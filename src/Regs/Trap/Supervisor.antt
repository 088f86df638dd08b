-- ===== src/Regs/Trap/Supervisor.antt =====
-- regs.c: a trap into supervisor mode and the return from it.
use space_emu.Base.{ℕ, ◌^◌, ◌<◌, ◌≡◌, arith, bit_and, true, false, ◌&&◌}
use space_emu.Base.{if◌then◌else◌, ◌==◌, ◌!=◌}
use space_emu.Base.Word.{lnot, ◌>>>◌}
use space_emu.Base.Bits.{has_bit, bit_and-lt, shift_and_one}
use space_emu.Cpu.{CpuState}
use space_emu.Regs.Valid.{IsValid}
use space_emu.Regs.Trap.{supervisor_entry, sret_mstatus, mode_mxl, is_delegated}
use space_emu.Regs.Trap.{raise_exception, trap_to_supervisor, handle_sret}
use space_emu.Regs.Trap.Bits.{two_bits_same}
use space_emu.Regs.Trap.Return.{HasModeWidth}
use space_emu.Regs.Trap.Entry.{has_bit-supervisor_entry, has_bit-sret_mstatus}

supervisor_entry-lt : (m p : ℕ) → supervisor_entry m p < 2 ^ 64
unfolding supervisor_entry
supervisor_entry-lt m p = bit_and-lt 64 _ (lnot 64 (2 ^ 1)) (omega arith)

-- A number below 2 is its digit.
one_digit : (p : ℕ) → p < 2 → (if has_bit p 0 then 1 else 0) ≡ p
unfolding has_bit
one_digit p h = ground arith

module _ (m : ℕ) (m_lt : m < 2 ^ 64) (p : ℕ) (p_lt : p < 2) where
  -- The mode is found again in SPP.
  spp-supervisor_entry : bit_and (supervisor_entry m p >>> 8) 1 ≡ p
  spp-supervisor_entry = ground (
    arith,
    shift_and_one (supervisor_entry m p) 8,
    has_bit-supervisor_entry m m_lt p p_lt 8,
    one_digit p p_lt,
  )

  has_bit-there_and_back :
      (i : ℕ)
      → has_bit (sret_mstatus (supervisor_entry m p) p) i ≡ (
          if i == 5
          then true
          else if i == 8
          then false
          else if i == 1 && p != 1
          then false
          else has_bit m i)
  has_bit-there_and_back i = ground (
    arith,
    has_bit-sret_mstatus (supervisor_entry m p) (supervisor_entry-lt m p) p p_lt i,
    has_bit-supervisor_entry m m_lt p p_lt i,
    has_bit-supervisor_entry m m_lt p p_lt 5,
  )

  mode_mxl-there_and_back :
      (mxl : ℕ) → mode_mxl (sret_mstatus (supervisor_entry m p) p) mxl p ≡ mode_mxl m mxl p
  mode_mxl-there_and_back mxl = ground (
    arith,
    two_bits_same (sret_mstatus (supervisor_entry m p) p) m 34 (has_bit-there_and_back 34)
        (has_bit-there_and_back 35),
    two_bits_same (sret_mstatus (supervisor_entry m p) p) m 32 (has_bit-there_and_back 32)
        (has_bit-there_and_back 33),
  )

-- Only traps from supervisor and user mode are delegated.
pub is_delegated-priv : (s : CpuState) (cause : ℕ) → is_delegated s cause ≡ true → s.priv < 2
unfolding is_delegated
is_delegated-priv s cause h = ground arith

-- In a valid state whose width is that of its mode, a delegated trap, followed at once by
-- `sret`, comes back to the same program counter, mode and width; of `mstatus`, SPIE is then
-- set, SPP is cleared, SIE is cleared unless the trap came from supervisor mode, and every
-- other bit is as before.
pub sret-raise_exception :
    (s : CpuState) (cause tval : ℕ)
    → IsValid s
    → HasModeWidth s
    → is_delegated s cause ≡ true
    → let t = handle_sret (raise_exception s cause tval) in
      (t.pc ≡ s.pc)
      × (t.priv ≡ s.priv)
      × (t.xlen ≡ s.xlen)
      × ((i : ℕ)
          → has_bit t.mstatus i ≡ (
              if i == 5
              then true
              else if i == 8
              then false
              else if i == 1 && s.priv != 1
              then false
              else has_bit s.mstatus i))
unfolding raise_exception trap_to_supervisor handle_sret
sret-raise_exception s cause tval v w d =
    let low = is_delegated-priv s cause d in
    let e = spp-supervisor_entry s.mstatus v.mstatus_lt s.priv low in
    let x = mode_mxl-there_and_back s.mstatus v.mstatus_lt s.priv low s.mxl in
    (
      ground (arith, e),
      ground (arith, e),
      ground (arith, e, x),
      λ i. ground (arith, e, has_bit-there_and_back s.mstatus v.mstatus_lt s.priv low i),
    )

##########

What the exercise asks → Each line of the data must be retyped exactly.

Your solution →
filename src/Regs/Trap/Supervisor.antt
repository 088f86df638dd08b
-- ===== src/Regs/Trap/Supervisor.antt =====
-- regs.c: a trap into supervisor mode and the return from it.
use space_emu.Base.{ℕ, ◌^◌, ◌<◌, ◌≡◌, arith, bit_and, true, false, ◌&&◌}
use space_emu.Base.{if◌then◌else◌, ◌==◌, ◌!=◌}
use space_emu.Base.Word.{lnot, ◌>>>◌}
use space_emu.Base.Bits.{has_bit, bit_and-lt, shift_and_one}
use space_emu.Cpu.{CpuState}
use space_emu.Regs.Valid.{IsValid}
use space_emu.Regs.Trap.{supervisor_entry, sret_mstatus, mode_mxl, is_delegated}
use space_emu.Regs.Trap.{raise_exception, trap_to_supervisor, handle_sret}
use space_emu.Regs.Trap.Bits.{two_bits_same}
use space_emu.Regs.Trap.Return.{HasModeWidth}
use space_emu.Regs.Trap.Entry.{has_bit-supervisor_entry, has_bit-sret_mstatus}

supervisor_entry-lt : (m p : ℕ) → supervisor_entry m p < 2 ^ 64
unfolding supervisor_entry
supervisor_entry-lt m p = bit_and-lt 64 _ (lnot 64 (2 ^ 1)) (omega arith)

-- A number below 2 is its digit.
one_digit : (p : ℕ) → p < 2 → (if has_bit p 0 then 1 else 0) ≡ p
unfolding has_bit
one_digit p h = ground arith

module _ (m : ℕ) (m_lt : m < 2 ^ 64) (p : ℕ) (p_lt : p < 2) where
  -- The mode is found again in SPP.
  spp-supervisor_entry : bit_and (supervisor_entry m p >>> 8) 1 ≡ p
  spp-supervisor_entry = ground (
    arith,
    shift_and_one (supervisor_entry m p) 8,
    has_bit-supervisor_entry m m_lt p p_lt 8,
    one_digit p p_lt,
  )

  has_bit-there_and_back :
      (i : ℕ)
      → has_bit (sret_mstatus (supervisor_entry m p) p) i ≡ (
          if i == 5
          then true
          else if i == 8
          then false
          else if i == 1 && p != 1
          then false
          else has_bit m i)
  has_bit-there_and_back i = ground (
    arith,
    has_bit-sret_mstatus (supervisor_entry m p) (supervisor_entry-lt m p) p p_lt i,
    has_bit-supervisor_entry m m_lt p p_lt i,
    has_bit-supervisor_entry m m_lt p p_lt 5,
  )

  mode_mxl-there_and_back :
      (mxl : ℕ) → mode_mxl (sret_mstatus (supervisor_entry m p) p) mxl p ≡ mode_mxl m mxl p
  mode_mxl-there_and_back mxl = ground (
    arith,
    two_bits_same (sret_mstatus (supervisor_entry m p) p) m 34 (has_bit-there_and_back 34)
        (has_bit-there_and_back 35),
    two_bits_same (sret_mstatus (supervisor_entry m p) p) m 32 (has_bit-there_and_back 32)
        (has_bit-there_and_back 33),
  )

-- Only traps from supervisor and user mode are delegated.
pub is_delegated-priv : (s : CpuState) (cause : ℕ) → is_delegated s cause ≡ true → s.priv < 2
unfolding is_delegated
is_delegated-priv s cause h = ground arith

-- In a valid state whose width is that of its mode, a delegated trap, followed at once by
-- `sret`, comes back to the same program counter, mode and width; of `mstatus`, SPIE is then
-- set, SPP is cleared, SIE is cleared unless the trap came from supervisor mode, and every
-- other bit is as before.
pub sret-raise_exception :
    (s : CpuState) (cause tval : ℕ)
    → IsValid s
    → HasModeWidth s
    → is_delegated s cause ≡ true
    → let t = handle_sret (raise_exception s cause tval) in
      (t.pc ≡ s.pc)
      × (t.priv ≡ s.priv)
      × (t.xlen ≡ s.xlen)
      × ((i : ℕ)
          → has_bit t.mstatus i ≡ (
              if i == 5
              then true
              else if i == 8
              then false
              else if i == 1 && s.priv != 1
              then false
              else has_bit s.mstatus i))
unfolding raise_exception trap_to_supervisor handle_sret
sret-raise_exception s cause tval v w d =
    let low = is_delegated-priv s cause d in
    let e = spp-supervisor_entry s.mstatus v.mstatus_lt s.priv low in
    let x = mode_mxl-there_and_back s.mstatus v.mstatus_lt s.priv low s.mxl in
    (
      ground (arith, e),
      ground (arith, e),
      ground (arith, e, x),
      λ i. ground (arith, e, has_bit-there_and_back s.mstatus v.mstatus_lt s.priv low i),
    )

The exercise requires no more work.